Na toll, jetzt bin ich also wieder schuld.   :Crying or Very sad:   :Wink: 

----------

## Crash80

kenn das phänomen auch, sitz hier allerdings an ner suse 9.0 kiste und kann keinerlei einstellungen ändern, glaub aber nicht daß es an dem composite liegt.

----------

## boris64

tja, es scheint tatsächlich die "composite"-erweiterung zu sein  :Sad: 

kaum habe ich diese deaktiviert und x neugestartet, werden die bilder wieder einwandfrei angezeigt.

 *ralph wrote:*   

> Na toll, jetzt bin ich also wieder schuld.

 

hihi  :Wink: 

sei froh, dass wir nicht in amerika leben, sonst würde ich ernsthaft

in erwägung ziehen, dich dafür zu verklagen  :Razz: 

greetz,

ps: tja, jetzt haben wir den grund für den fehler gefunden,

aber eine echte lösung kann das deaktivieren der composite-erweiterung 

auch nicht sein, wenn man mit der zeit gehen will   :Confused: 

----------

## ian!

 *borisdigital wrote:*   

> aber eine echte lösung kann das deaktivieren der composite-erweiterung 
> 
> auch nicht sein, wenn man mit der zeit gehen will  

 

Nun ja.

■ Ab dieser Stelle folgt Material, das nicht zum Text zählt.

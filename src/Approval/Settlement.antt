-- ===== src/Approval/Settlement.antt =====
-- billing_approval.py: what the invoices of `prepare_invoice_snapshots` charge together.
use openleg.Prelude.{
  ℕ, suc, ◌*◌, ◌≤◌, ◌<◌, ◌≡◌, refl, ap, sym, ◌∙◌, Bool, false, List, [], ◌∷◌, map, length, arith,
  inl, inr, if◌then◌else◌, ok, Result-cases, any,
}
use openleg.Prelude.Int.{ℤ, pos, ◌+ℤ◌, int_laws}
use openleg.Approval.Lines.{ItemType, Item, type_eq}
use openleg.Approval.Totals.{Totals, require_wellformed_line_items}
use openleg.Approval.Balance.{is_pooled, pooled_total, credit_count, wellformed-balanced, amount_of}
use openleg.Approval.Policy.{ValidPolicy}
use openleg.Approval.Participants.{
  participants, items_of, sum_amounts, split_total, split_total-participants,
}
use openleg.Approval.Snapshots.{
  Period, Date, Snapshot, half_up, times, snapshot_of, require_period, valid_policy,
  prepare_invoice_snapshots,
}
use openleg.Approval.Reconciliation.{require_canonical_reconciliation}
use openleg.Approval.Rounding.{distance_ℤ, distance-pos, half_up-near, times-add, distance-add}

-- The nets of the invoices together, in cents.
unfoldable pub sum_nets : List Snapshot → ℤ
sum_nets [] = pos 0
sum_nets (s ∷ ss) = s.net_chf +ℤ sum_nets ss

sum_nets-near :
    (period : Period) (date : Date) (policy : ValidPolicy) (items : List Item) (ps : List ℕ)
    → 2
        * distance_ℤ
            (times (sum_nets (map (snapshot_of period date policy items) ps)) 10_000)
            (split_total ps items)
      ≤ 10_000 * length ps
unfolding sum_nets snapshot_of split_total
sum_nets-near period date policy items [] = ground (arith, distance-pos 0 0)
sum_nets-near period date policy items (p ∷ ps) =
    let own = sum_amounts (items_of p items) in
    let near = half_up-near own in
    let rest = sum_nets-near period date policy items ps in
    let nets = sum_nets (map (snapshot_of period date policy items) ps) in
    let sum = times-add (half_up own) nets in
    let both =
      distance-add (times (half_up own) 10_000) (times nets 10_000) own (split_total ps items) in
    let all = ap (λ t. distance_ℤ t (own +ℤ split_total ps items)) sum in omega arith

-- The sum of the settlement fees.
unfoldable pub fee_total : List Item → ℤ
fee_total [] = pos 0
fee_total (item ∷ items) =
    (if type_eq item.item_type ItemType.settlement_fee then amount_of item else pos 0)
    +ℤ fee_total items

abbrev is_share : Item → Bool
is_share item = type_eq item.item_type ItemType.battery_cost_share

pool_apart : (a b c : ℤ) → a +ℤ (b +ℤ c) ≡ (a +ℤ b) +ℤ (pos 0 +ℤ c)
pool_apart a b c = omega int_laws

fee_apart : (a b c : ℤ) → a +ℤ (b +ℤ c) ≡ (pos 0 +ℤ b) +ℤ (a +ℤ c)
fee_apart a b c = omega int_laws

pool_or_fee :
    (type : ItemType) (a rest pool fees : ℤ)
    → type_eq type ItemType.battery_cost_share ≡ false
    → rest ≡ pool +ℤ fees
    → a +ℤ rest
      ≡ ((if is_pooled type then a else pos 0) +ℤ pool)
        +ℤ ((if type_eq type ItemType.settlement_fee then a else pos 0) +ℤ fees)
pool_or_fee ItemType.battery_cost_share a rest pool fees h e = ground arith
pool_or_fee ItemType.settlement_fee a rest pool fees h e =
    ap (λ r. a +ℤ r) e ∙ fee_apart a pool fees
pool_or_fee ItemType.consumer_charge a rest pool fees h e =
    ap (λ r. a +ℤ r) e ∙ pool_apart a pool fees
pool_or_fee ItemType.producer_credit a rest pool fees h e =
    ap (λ r. a +ℤ r) e ∙ pool_apart a pool fees
pool_or_fee ItemType.rounding_adjustment a rest pool fees h e =
    ap (λ r. a +ℤ r) e ∙ pool_apart a pool fees

-- Without battery shares an amount is in the pool or a fee.
sum_amounts-split :
    (items : List Item)
    → any is_share items ≡ false
    → sum_amounts items ≡ pooled_total items +ℤ fee_total items
unfolding sum_amounts pooled_total fee_total
sum_amounts-split [] h = omega int_laws
sum_amounts-split (item ∷ items) h =
    let rest = sum_amounts-split items (ground arith) in
    pool_or_fee item.item_type (amount_of item) (sum_amounts items) (pooled_total items)
      (fee_total items) (ground arith) rest

length-map : {A B : Type 0} (f : A → B) (xs : List A) → length (map f xs) ≡ length xs
length-map f [] = refl
length-map f (x ∷ xs) = ap suc (length-map f xs)

prepare-parts :
    (period : Period) (items : List Item) (date : Date) {ss : List Snapshot}
    → prepare_invoice_snapshots period items date ≡ ok ss
    → (policy : ValidPolicy) × (t : Totals) × (require_wellformed_line_items items
          policy.internal_price policy.settlement_fee
        ≡ ok t)
      × (any is_share items ≡ false)
      × (ss ≡ map (snapshot_of period date policy items) (participants items))
unfolding prepare_invoice_snapshots
prepare-parts period items date h = elim (Result-cases (require_period period)) [
  | inl (x, e) ↦ ground arith
  | inr (u, e) ↦ elim (Result-cases (valid_policy period)) [
    | inl (x, f) ↦ ground arith
    | inr (policy, f) ↦
        elim (Result-cases
          (require_wellformed_line_items items policy.internal_price policy.settlement_fee)) [
            | inl (x, g) ↦ ground arith
            | inr (t, g) ↦
                elim (Result-cases (
                  require_canonical_reconciliation period.reconciliation t.consumption_kwh
                    t.production_kwh false)) [
                      | inl (x, k) ↦ ground arith
                      | inr (v, k) ↦ (policy, t, g, ground arith, ground arith)
                    ]
          ]
  ]
]

zero_left : (a : ℤ) → pos 0 +ℤ a ≡ a
zero_left a = omega int_laws

-- If the invoices of a draft with a credit are prepared, then their net amounts together differ from
-- its settlement fees by at most half a cent for each invoice.
pub prepare-settles :
    (period : Period) (items : List Item) (date : Date) {ss : List Snapshot}
    → prepare_invoice_snapshots period items date ≡ ok ss
    → 0 < credit_count items
    → 2 * distance_ℤ (times (sum_nets ss) 10_000) (fee_total items) ≤ 10_000 * length ss
prepare-settles period items date {ss} h c =
    let (policy, t, wellformed, shares, same) = prepare-parts period items date h in
    let balanced =
      wellformed-balanced items policy.internal_price policy.settlement_fee wellformed c in
    let fees =
      split_total-participants items
      ∙ sum_amounts-split items shares
      ∙ ap (λ pool. pool +ℤ fee_total items) balanced
      ∙ zero_left (fee_total items) in
    let near = sum_nets-near period date policy items (participants items) in
    let few = length-map (snapshot_of period date policy items) (participants items) in
    let off = ap (λ total. distance_ℤ (times (sum_nets ss) 10_000) total) (sym fees) in
    let nets =
      ap (λ s. distance_ℤ (times (sum_nets s) 10_000) (split_total (participants items) items))
        same in
    let many = ap length same in omega arith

Lasst das erstmal xorg-x11 6.8.0 erscheinen, eine Major-Distro diesen X-Server dann als Default nehmen und den Benutzer Composite als Option wählen lassen. Dann wird sich das ganz von alleine auswachsen. Vielleicht ist es auch noch einer der Bugs, die das xorg-Team dazu bewegt hat das Release von 6.8.0 zu verschieben. Im mplayer habe ich nämlich temporär ähnliches beobachtet.

----------

## boris64

ok, da hast du natürlich recht.

nicht umsonst ist diese xorg-version noch arg beta.

----------